Even in the march of ‘Cell Korea’… Foreigners who are involved in banking and telecommunication
Foreign investors continue the flow of ‘sell Korea’.
According to the Korea Exchange, foreigners net sold about 7.6 trillion won worth of Korean stocks in the first quarter of this year. Even into April, the stock continues to sell. From April 1 to 21, the net selling amount was about 3.81 trillion won. This is quite different from net purchases worth 3 trillion won or more in the fourth quarter of last year.
In the midst of this sell-off, banking stocks and telecommunication stocks are net buying, attracting attention.

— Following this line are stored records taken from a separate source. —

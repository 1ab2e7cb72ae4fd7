-- ===== src/Config/EventBusConfig/Examples.antt =====
-- The theorem on the configuration of the event bus at a concrete input.
use jxt_core.Base.{ℕ, zero, ◌==◌, pos, true, false, none, [], ◌≡◌, ◌↔◌, refl, arith}
use jxt_core.Config.EventBusConfig.Structs.{Floats, IsFloats, EventBusConfig}
use jxt_core.Config.EventBusConfig.Defaults.{set_defaults}
use jxt_core.Config.EventBusConfig.Checks.{validate}
use jxt_core.Config.EventBusConfig.Cases.{CommonAccepted, KindAccepted}
use jxt_core.Config.EventBusConfig.Laws.{validate-set_defaults}

-- Whole numbers in the place of floats.
abbrev whole : Floats
whole = record { Float = ℕ; is_zero = λ n. n == 0; is_not_positive = λ n. n == 0; thousand = 1000 }

whole_laws : IsFloats whole
whole_laws = record { thousand_positive = refl }

-- Only the name of the service and the health check are set, with 6 as the warning threshold.
abbrev orders_config : EventBusConfig whole
orders_config = record {
  kind = "";
  service_name = "orders";
  health_check = record {
    enabled = true;
    publisher = record {
      topic = "";
      interval = pos 0;
      timeout = pos 0;
      failure_threshold = pos 0;
      message_ttl = pos 0;
    };
    subscriber = record {
      topic = "";
      monitor_interval = pos 0;
      warning_threshold = pos 6;
      error_threshold = pos 0;
      critical_threshold = pos 0;
    };
  };
  monitoring = record { enabled = false; collect_interval = pos 0; export_endpoint = "" };
  security = record {
    enabled = false;
    protocol = "";
    username = "";
    password = "";
    cert_file = "";
    key_file = "";
    ca_file = "";
  };
  publisher = record {
    max_reconnect_attempts = pos 0;
    initial_backoff = pos 0;
    max_backoff = pos 0;
    publish_timeout = pos 0;
    backlog_detection = record {
      enabled = false;
      max_queue_depth = pos 0;
      max_publish_latency = pos 0;
      rate_threshold = zero;
      check_interval = pos 0;
    };
    rate_limit = record { enabled = true; rate_per_second = zero; burst_size = pos 0 };
    error_handling = record {
      dead_letter_topic = "";
      max_retry_attempts = pos 0;
      retry_backoff_base = pos 0;
      retry_backoff_max = pos 0;
    };
  };
  subscriber = record {
    max_concurrency = pos 0;
    process_timeout = pos 0;
    backlog_detection = record {
      enabled = false;
      max_lag_threshold = pos 0;
      max_time_threshold = pos 0;
      check_interval = pos 0;
    };
    rate_limit = record { enabled = false; rate_per_second = zero; burst_size = pos 0 };
    error_handling = record {
      dead_letter_topic = "";
      max_retry_attempts = pos 0;
      retry_backoff_base = pos 0;
      retry_backoff_max = pos 0;
    };
  };
  kafka = record {
    brokers = [];
    producer = record {
      required_acks = pos 0;
      flush_frequency = pos 0;
      flush_messages = pos 0;
      timeout = pos 0;
    };
    consumer = record {
      group_id = "";
      auto_offset_reset = "";
      session_timeout = pos 0;
      heartbeat_interval = pos 0;
    };
  };
  nats = record {
    urls = [];
    client_id = "";
    max_reconnects = pos 0;
    reconnect_wait = pos 0;
    connection_timeout = pos 0;
    jet_stream = record {
      enabled = false;
      domain = "";
      api_prefix = "";
      publish_timeout = pos 0;
      ack_wait = pos 0;
      max_deliver = pos 0;
      stream = record {
        name = "";
        subjects = [];
        retention = "";
        storage = "";
        replicas = pos 0;
        max_age = pos 0;
        max_bytes = pos 0;
        max_msgs = pos 0;
        discard = "";
      };
      consumer = record {
        durable_name = "";
        deliver_policy = "";
        ack_policy = "";
        replay_policy = "";
        max_ack_pending = pos 0;
        max_waiting = pos 0;
        max_deliver = pos 0;
        back_off = [];
      };
    };
    security = record {
      enabled = false;
      token = "";
      username = "";
      password = "";
      nkey_file = "";
      cred_file = "";
      cert_file = "";
      key_file = "";
      ca_file = "";
      skip_verify = false;
    };
  };
  memory = record { max_channel_size = pos 0; buffer_size = pos 0 };
}

validate-set_defaults_example :
    (validate whole (set_defaults whole orders_config) ≡ none)
    ↔ (CommonAccepted whole whole_laws orders_config × KindAccepted whole whole_laws orders_config)
validate-set_defaults_example = validate-set_defaults whole whole_laws orders_config

-- A warning threshold of 6 is refused, since the error threshold is left at 5.
six_refused : ¬ (validate whole (set_defaults whole orders_config) ≡ none)
six_refused h =
    let (_, _, _, _, _, _, order, _) =
      ((validate-set_defaults whole whole_laws orders_config).0 h).0.health refl in
    absurd (omega arith)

Four of the top 10 net buying stocks from the beginning of the year to April 21 were bank stocks. KB Financial Group, Woori Financial Group, Hana Financial Group, and Shinhan Financial Group were ranked in the top 10. Industrial Bank of Korea also ranked 20th. It is analyzed that the buying trend was concentrated as the Bank of Korea Monetary Policy Committee accelerated rate hikes amid the high performance of banks. The Monetary Policy Committee, which lowered the base rate to 0.5% during the pandemic, raised interest rates by 0.25 percentage points each in August and November last year, and four times in January and April of this year.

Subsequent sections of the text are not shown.